Senior National MP Judith Collins is dismissing any talk of challenging for the party leadership, despite jumping ahead of party leader Simon Bridges for preferred Prime Minister in the latest political poll.

National fell below Labour in yesterday's Newshub Reid Research poll, which had National on 41.6 per cent and Labour on 47.5 per cent.

In the preferred prime minister stakes, Labour leader Jacinda Ardern was on 41.8 per cent while Bridges was on 5 per cent (down 3.9 per cent).

Collins was ahead of Bridges on 6.2 per cent (up 2.5 per cent).

NZ First leader Winston Peters did not feature in the preferred prime minister stakes.

This morning Collins, who unsuccessfully ran for the party leadership when Bill English stepped down last year, said Opposition leader was the toughest job in politics and a role she was "not even interested" in.

"The person I'm most pleased with beating is Winston Peters," she told reporters.

"Opposition leader is the toughest job in politics. It's a very tough job ... I'm a lovely, sweet person, not given to that sort of toughness at all. I'm just sometimes resolute."

Collins told Larry Williams that she is currently focused on doing her job and is not paying attention to the results of one poll 18 months from an election. 

If she would ever run, Collins says she always does what is asked of her by her caucus. 

"I just do my job. I'm not involved in anything other than doing my job." 

Collins says that she and Simon work very well together.

"We all need to stay focused on the end-game here, and the end-game is a better government for New Zealand."

She says that it is just "one poll" and that what she has heard from the public is that people are disappointed with how some of the Government's decisions. 

Collins refused to comment on National's internal polling. 

Bridges said he had no concerns about Collins polling higher than him, or about whether she had caucus support for a leadership challenge.

"We've got a caucus that's strong, that's united, and that has 55 leaders ... I'm very confident and comfortable in my leadership."

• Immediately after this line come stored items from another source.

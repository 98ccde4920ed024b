-- ===== src/Binpack/Buckets.antt =====
-- What the buckets hold, how full they are, and how many there are.
use varis.Base.{
  ℕ, ◌+◌, ◌*◌, ◌≤◌, ◌<◌, ◌≡◌, ◌≢◌, ◌⊎◌, inl, inr, refl, sym, ap, ◌∙◌, false, Bool-cases, List, [],
  ◌∷◌, ◌++◌, append_assoc, append-nil, arith, ltb, dec_le, length, All, int64_limit,
}
use varis.Binpack.{FileInfo, Bucket, empty_bucket, add_file, is_full, pack_loop, pack}
use varis.Binpack.NextFit.{total, close, with_file, closes, next_fit, next_fit_cases, pack-next_fit}

total-append : (xs ys : List FileInfo) → total (xs ++ ys) ≡ total xs + total ys
total-append [] ys = omega arith
total-append (x ∷ xs) ys = omega (arith, total-append xs ys)

-- The files of all buckets, in order.
abbrev pub contents : List Bucket → List FileInfo
contents [] = []
contents (b ∷ buckets) = b.files ++ contents buckets

nil_of : (xs : List FileInfo) → ltb 0 (length xs) ≡ false → xs ≡ []
nil_of [] h = refl
nil_of (x ∷ xs) h = ground arith

close_cases {ℓ} :
    (P : List Bucket → Type ℓ) (b : Bucket)
    → (b.files ≡ [] → P [])
    → (b.files ≢ [] → P (b ∷ []))
    → P (close b)
close_cases P b empty full = elim (Bool-cases (ltb 0 (length b.files))) [
  | inl e ↦ rw e (full (λ h. ground (arith, ap length h)))
  | inr e ↦ rw e (empty (nil_of b.files e))
]

contents-next_fit :
    (target : ℕ) (current : Bucket) (files : List FileInfo)
    → contents (next_fit target current files) ≡ current.files ++ files
unfolding next_fit
contents-next_fit target current [] =
    close_cases (λ bs. contents bs ≡ current.files ++ []) current (λ e. rw e) (λ _. refl)
contents-next_fit target current (f ∷ files) =
    next_fit_cases (λ bs. contents bs ≡ current.files ++ f ∷ files) target current f files
      (λ _. ap (◌++◌ current.files) (contents-next_fit target (with_file empty_bucket f) files))
      (λ _.
        contents-next_fit target (with_file current f) files
        ∙ append_assoc current.files (f ∷ []) files)

-- A bucket within the target, or one whose last file alone is over it, with empty files before.
abbrev pub FitsOrAlone : ℕ → Bucket → Type 0
FitsOrAlone target b =
    (b.total_size ≤ target)
    ⊎ ((empties : List FileInfo) × (f : FileInfo) × (b.files ≡ empties ++ f ∷ [])
        × (total empties ≡ 0)
        × (target < f.size))

pub record IsGood (target : ℕ) (b : Bucket) : Type 0 where
  pub nonempty : b.files ≢ []
  pub sized : b.total_size ≡ total b.files
  pub fits : FitsOrAlone target b

-- The same of the current bucket, which may still be empty.
record IsCurrent (target : ℕ) (b : Bucket) : Type 0 where
  sized : b.total_size ≡ total b.files
  fits : FitsOrAlone target b

close-IsGood : (target : ℕ) (b : Bucket) → IsCurrent target b → All (IsGood target) (close b)
close-IsGood target b c =
    close_cases (All (IsGood target)) b (λ _. tt)
      (λ ne. (record { nonempty = ne; sized = c.sized; fits = c.fits }, tt))

with_file-IsCurrent :
    (target : ℕ) (b : Bucket) (f : FileInfo)
    → IsCurrent target b
    → closes target b f ≡ false
    → IsCurrent target (with_file b f)
with_file-IsCurrent target b f c room = record {
  sized = omega (arith, total-append b.files (f ∷ []), c.sized);
  fits = elim (dec_le (b.total_size + f.size) target) [
    | yes room' ↦ inl room'
    | no over ↦ inr (b.files, f, refl, ground (arith, c.sized), ground (arith, c.sized))
  ];
}

empty-IsCurrent : (target : ℕ) → IsCurrent target empty_bucket
empty-IsCurrent target = record { sized = refl; fits = inl (omega arith) }

next_fit-IsGood :
    (target : ℕ) (current : Bucket) (files : List FileInfo)
    → IsCurrent target current
    → All (IsGood target) (next_fit target current files)
unfolding next_fit
next_fit-IsGood target current [] c = close-IsGood target current c
next_fit-IsGood target current (f ∷ files) c =
    next_fit_cases (All (IsGood target)) target current f files
      (λ full. (
        record {
          nonempty = λ e. ground (arith, c.sized, ap total e);
          sized = c.sized;
          fits = c.fits;
        },
        next_fit-IsGood target (with_file empty_bucket f) files
            (with_file-IsCurrent target empty_bucket f (empty-IsCurrent target) refl),
      ))
      (λ room.
        next_fit-IsGood target (with_file current f) files
          (with_file-IsCurrent target current f c room))

-- Neighbouring buckets together are over the target; `before` is the size of the bucket before.
abbrev pub Crowded : ℕ → ℕ → List Bucket → Type 0
Crowded target before [] = Unit
Crowded target before (b ∷ buckets) =
    (target < before + b.total_size) × Crowded target b.total_size buckets

next_fit-Crowded :
    (target before : ℕ) (current : Bucket) (files : List FileInfo)
    → target < before + current.total_size
    → Crowded target before (next_fit target current files)
unfolding next_fit
next_fit-Crowded target before current [] h =
    close_cases (Crowded target before) current (λ _. tt) (λ _. (h, tt))
next_fit-Crowded target before current (f ∷ files) h =
    next_fit_cases (Crowded target before) target current f files
      (λ full. (
        h,
        next_fit-Crowded target current.total_size (with_file empty_bucket f) files (ground arith),
      ))
      (λ _. next_fit-Crowded target before (with_file current f) files (omega arith))

abbrev pub used : List Bucket → ℕ
used [] = 0
used (b ∷ buckets) = b.total_size + used buckets

Crowded-length :
    (target before : ℕ) (buckets : List Bucket)
    → Crowded target before buckets
    → length buckets * (target + 1) ≤ before + 2 * used buckets
Crowded-length target before [] h = omega arith
Crowded-length target before (b ∷ buckets) h =
    omega (arith, h.0, Crowded-length target b.total_size buckets h.1)

used-contents :
    (target : ℕ) (buckets : List Bucket)
    → All (IsGood target) buckets
    → used buckets ≡ total (contents buckets)
used-contents target [] h = refl
used-contents target (b ∷ buckets) h =
    omega
      (arith, h.0.sized, used-contents target buckets h.1, total-append b.files (contents buckets))

contents-append : (xs ys : List Bucket) → contents (xs ++ ys) ≡ contents xs ++ contents ys
contents-append [] ys = refl
contents-append (x ∷ xs) ys =
    ap (◌++◌ x.files) (contents-append xs ys)
    ∙ sym (append_assoc x.files (contents xs) (contents ys))

contents_last : (xs : List Bucket) (b : Bucket) → contents (xs ++ b ∷ []) ≡ contents xs ++ b.files
contents_last xs b = contents-append xs (b ∷ []) ∙ ap (◌++◌ (contents xs)) (append-nil b.files)

contents-pack_loop :
    (target : ℕ) (files : List FileInfo) (buckets : List Bucket) (current : Bucket)
    → contents (pack_loop target files buckets current)
      ≡ contents buckets ++ (current.files ++ files)
unfolding pack_loop
contents-pack_loop target [] buckets current =
    rw (append-nil current.files) (elim (Bool-cases (ltb 0 (length current.files))) [
      | inl e ↦ rw e (contents_last buckets current)
      | inr e ↦ rw (e, nil_of current.files e) (sym (append-nil (contents buckets)))
    ])
contents-pack_loop target (f ∷ files) buckets current =
    elim (Bool-cases (is_full target current f)) [
      | inl e ↦ rw e (
          contents-pack_loop target files (buckets ++ current ∷ []) (add_file empty_bucket f)
          ∙ ap (λ t. t ++ f ∷ files) (contents_last buckets current)
          ∙ append_assoc (contents buckets) current.files (f ∷ files))
      | inr e ↦ rw e (
          contents-pack_loop target files buckets (add_file current f)
          ∙ ap (◌++◌ (contents buckets)) (append_assoc current.files (f ∷ []) files))
    ]

-- `Pack` distributes the files over buckets and changes neither their order nor drops or repeats
-- one. This holds for any sizes and any target.
pub contents-pack : (files : List FileInfo) (target : ℕ) → contents (pack files target) ≡ files
unfolding pack
contents-pack files target = contents-pack_loop target files [] empty_bucket

module _ (files : List FileInfo) (target : ℕ) (target_small : target < int64_limit)
    (files_small : total files < int64_limit) where
  -- Where the sizes add up within an int64, every bucket of `Pack` has a file, records the sum of
  -- its files' sizes, and stays within the target unless its last file alone is over the target;
  -- then the files before that one are empty.
  pub pack-IsGood : All (IsGood target) (pack files target)
  pack-IsGood =
      rw (pack-next_fit files target target_small files_small)
        (next_fit-IsGood target empty_bucket files (empty-IsCurrent target))

  -- Where the sizes add up within an int64, two neighbouring buckets of `Pack` are never within the
  -- target together, so that all discs but one take at most twice the discs that the data fills.
  pub pack_count :
      Crowded target (target + 1) (pack files target)
      × (length (pack files target) * (target + 1) ≤ target + 1 + 2 * total files)
  pack_count = (
    crowded,
    omega (
      arith,
      Crowded-length target (target + 1) (pack files target) crowded,
      used-contents target (pack files target) pack-IsGood,
      ap total (contents-pack files target),
    ),
  )
    where
      crowded : Crowded target (target + 1) (pack files target)
      crowded =
          rw (pack-next_fit files target target_small files_small)
            (next_fit-Crowded target (target + 1) empty_bucket files (omega arith))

He said some his low polling was due to having to deal with the explosive fallout with former National MP Jami-Lee Ross.

Bridges repeated that he did not think the party had done anything wrong.

"I'm incredibly confident about that. As I said at the time, it's a baseless, scurrilous accusation."

Rodney MP Mark Mitchell, who also ran unsuccessfully for the leadership last year, said Bridges was doing a great job and the preferred PM poll result was not worthy of attention.

"He's shown a lot of resilience. He had some big challenges to deal with last year. I think he dealt with those very well."

He said Bridges had the full support of the caucus and expected his preferred PM stakes to improve.

Senior National MP Gerry Brownlee said there was no chatter about the leadership.

"We're quite happy at the moment. Everything's going along very well for us."